> **Saved entries**:
####

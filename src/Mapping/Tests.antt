-- ===== src/Mapping/Tests.antt =====
-- infrastructure/dto/synchronize.dto.ts: the mappings of the samples.
use cleveremote_box.Base.{◌≡◌, refl, true, false, none, some, [], ◌∷◌, is_some, all, map, ◌>>=◌}
use cleveremote_box.Mapping.Json.{map_each, undefined, null, given, object}
use cleveremote_box.Mapping.Conditions.{to_models}
use cleveremote_box.Mapping.Sequences.{sequence_to_model, for_cycle}
use cleveremote_box.Mapping.SequenceDocuments.{sequence_to_schema, sequence_of_schema}
use cleveremote_box.Mapping.Cycles.{map_to_cycle_model, cycle_to_schema, cycle_to_model}
use cleveremote_box.Mapping.Schedules.{map_to_schedule_model, schedule_of_cycle}
use cleveremote_box.Mapping.Actuators.{map_to_actuator_model}
use cleveremote_box.Mapping.ActuatorDocuments.{actuator_to_schema, actuator_to_model}
use cleveremote_box.Mapping.Saved.{sequence_kept, cycle_kept}
use cleveremote_box.Mapping.Refused.{map_to_cycle_model-plain, is_plain}
use cleveremote_box.Mapping.Copies.{map_to_schedule_model-of_cycle}
use cleveremote_box.Mapping.Configs.{actuator_to_model-ports, ports}
use cleveremote_box.Mapping.Kept.{with_waits}
use cleveremote_box.Mapping.Samples.{
  watering, garden, watering_model, saved_at, saved_watering, plot, saved_plot, evening, pump,
  saved_pump,
}

garden_plain : is_plain garden ≡ true
unfolding all
garden_plain = refl

-- `customStacks: null`
garden_refused :
    is_plain (record garden {
      sequences = given (
          given (record watering {
            security_config =
                given (record { max_duration = 1; conditions = undefined; custom_stacks = null });
          })
          ∷ []);
    })
    ≡ false
unfolding all
garden_refused = refl

-- `conditions: [null]`
null_refused : map_to_cycle_model (record garden { conditions = given (null ∷ []) }) ≡ none
unfolding map_to_cycle_model to_models map_each
null_refused = refl

map_to_cycle_model-plain_example : is_some (map_to_cycle_model garden) ≡ is_plain garden
map_to_cycle_model-plain_example = map_to_cycle_model-plain garden

watering_mapped : sequence_to_model watering ≡ some watering_model
unfolding sequence_to_model
watering_mapped = refl

watering_saved : sequence_to_schema (for_cycle 1 watering_model.model) ≡ some saved_watering.fields
unfolding sequence_to_schema for_cycle
watering_saved = refl

sequence_kept_example : sequence_of_schema saved_watering ≡ record watering_model.model {
  id = given 7;
  cycle_id = some 1;
  progression = none;
  module_configs = map with_waits watering_model.model.module_configs;
  dates = saved_at;
}
sequence_kept_example =
    sequence_kept 1 watering watering_model saved_watering watering_mapped watering_saved

plot_saved : cycle_to_schema plot ≡ saved_plot.fields
unfolding cycle_to_schema
plot_saved = refl

cycle_kept_example : cycle_to_model saved_plot ≡ record plot {
  id = given 1;
  progression = none;
  sequences = [];
  schedules = [];
  triggers = [];
  dates = saved_at;
}
cycle_kept_example = cycle_kept plot saved_plot plot_saved

map_to_schedule_model-of_cycle_example :
    map_to_schedule_model evening ≡ (object evening.cron >>= λ c. some (schedule_of_cycle evening))
map_to_schedule_model-of_cycle_example = map_to_schedule_model-of_cycle evening

pump_saved : actuator_to_schema (map_to_actuator_model pump).model ≡ saved_pump.fields
unfolding actuator_to_schema map_to_actuator_model
pump_saved = refl

actuator_to_model-ports_example :
    ports (actuator_to_model saved_pump).config.actions ≡ undefined ∷ []
actuator_to_model-ports_example = actuator_to_model-ports pump saved_pump refl pump_saved
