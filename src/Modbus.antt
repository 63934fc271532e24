-- ===== src/Modbus.antt =====
-- services/modbus.service.ts: `ModbusService`, the access to the shared bus.
pub mod Registers
pub mod Params
pub mod Monitors
pub mod Queue
pub mod Requests
pub mod Inverter
pub mod Readings
mod Tests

####

> **WORK ORDER**: All of the data shown above should be printed exactly as given.

> **FINAL ANSWER**:
filename src/Mapping/Tests.antt
-- ===== src/Mapping/Tests.antt =====
-- infrastructure/dto/synchronize.dto.ts: the mappings of the samples.
use cleveremote_box.Base.{◌≡◌, refl, true, false, none, some, [], ◌∷◌, is_some, all, map, ◌>>=◌}
use cleveremote_box.Mapping.Json.{map_each, undefined, null, given, object}
use cleveremote_box.Mapping.Conditions.{to_models}
use cleveremote_box.Mapping.Sequences.{sequence_to_model, for_cycle}
use cleveremote_box.Mapping.SequenceDocuments.{sequence_to_schema, sequence_of_schema}
use cleveremote_box.Mapping.Cycles.{map_to_cycle_model, cycle_to_schema, cycle_to_model}
use cleveremote_box.Mapping.Schedules.{map_to_schedule_model, schedule_of_cycle}
use cleveremote_box.Mapping.Actuators.{map_to_actuator_model}
use cleveremote_box.Mapping.ActuatorDocuments.{actuator_to_schema, actuator_to_model}
use cleveremote_box.Mapping.Saved.{sequence_kept, cycle_kept}
use cleveremote_box.Mapping.Refused.{map_to_cycle_model-plain, is_plain}
use cleveremote_box.Mapping.Copies.{map_to_schedule_model-of_cycle}
use cleveremote_box.Mapping.Configs.{actuator_to_model-ports, ports}
use cleveremote_box.Mapping.Kept.{with_waits}
use cleveremote_box.Mapping.Samples.{
  watering, garden, watering_model, saved_at, saved_watering, plot, saved_plot, evening, pump,
  saved_pump,
}

garden_plain : is_plain garden ≡ true
unfolding all
garden_plain = refl

-- `customStacks: null`
garden_refused :
    is_plain (record garden {
      sequences = given (
          given (record watering {
            security_config =
                given (record { max_duration = 1; conditions = undefined; custom_stacks = null });
          })
          ∷ []);
    })
    ≡ false
unfolding all
garden_refused = refl

-- `conditions: [null]`
null_refused : map_to_cycle_model (record garden { conditions = given (null ∷ []) }) ≡ none
unfolding map_to_cycle_model to_models map_each
null_refused = refl

map_to_cycle_model-plain_example : is_some (map_to_cycle_model garden) ≡ is_plain garden
map_to_cycle_model-plain_example = map_to_cycle_model-plain garden

watering_mapped : sequence_to_model watering ≡ some watering_model
unfolding sequence_to_model
watering_mapped = refl

watering_saved : sequence_to_schema (for_cycle 1 watering_model.model) ≡ some saved_watering.fields
unfolding sequence_to_schema for_cycle
watering_saved = refl

sequence_kept_example : sequence_of_schema saved_watering ≡ record watering_model.model {
  id = given 7;
  cycle_id = some 1;
  progression = none;
  module_configs = map with_waits watering_model.model.module_configs;
  dates = saved_at;
}
sequence_kept_example =
    sequence_kept 1 watering watering_model saved_watering watering_mapped watering_saved

plot_saved : cycle_to_schema plot ≡ saved_plot.fields
unfolding cycle_to_schema
plot_saved = refl

cycle_kept_example : cycle_to_model saved_plot ≡ record plot {
  id = given 1;
  progression = none;
  sequences = [];
  schedules = [];
  triggers = [];
  dates = saved_at;
}
cycle_kept_example = cycle_kept plot saved_plot plot_saved

map_to_schedule_model-of_cycle_example :
    map_to_schedule_model evening ≡ (object evening.cron >>= λ c. some (schedule_of_cycle evening))
map_to_schedule_model-of_cycle_example = map_to_schedule_model-of_cycle evening

pump_saved : actuator_to_schema (map_to_actuator_model pump).model ≡ saved_pump.fields
unfolding actuator_to_schema map_to_actuator_model
pump_saved = refl

actuator_to_model-ports_example :
    ports (actuator_to_model saved_pump).config.actions ≡ undefined ∷ []
actuator_to_model-ports_example = actuator_to_model-ports pump saved_pump refl pump_saved
filename src/Modbus.antt
repository 63934fc271532e24
-- ===== src/Modbus.antt =====
-- services/modbus.service.ts: `ModbusService`, the access to the shared bus.
pub mod Registers
pub mod Params
pub mod Monitors
pub mod Queue
pub mod Requests
pub mod Inverter
pub mod Readings
mod Tests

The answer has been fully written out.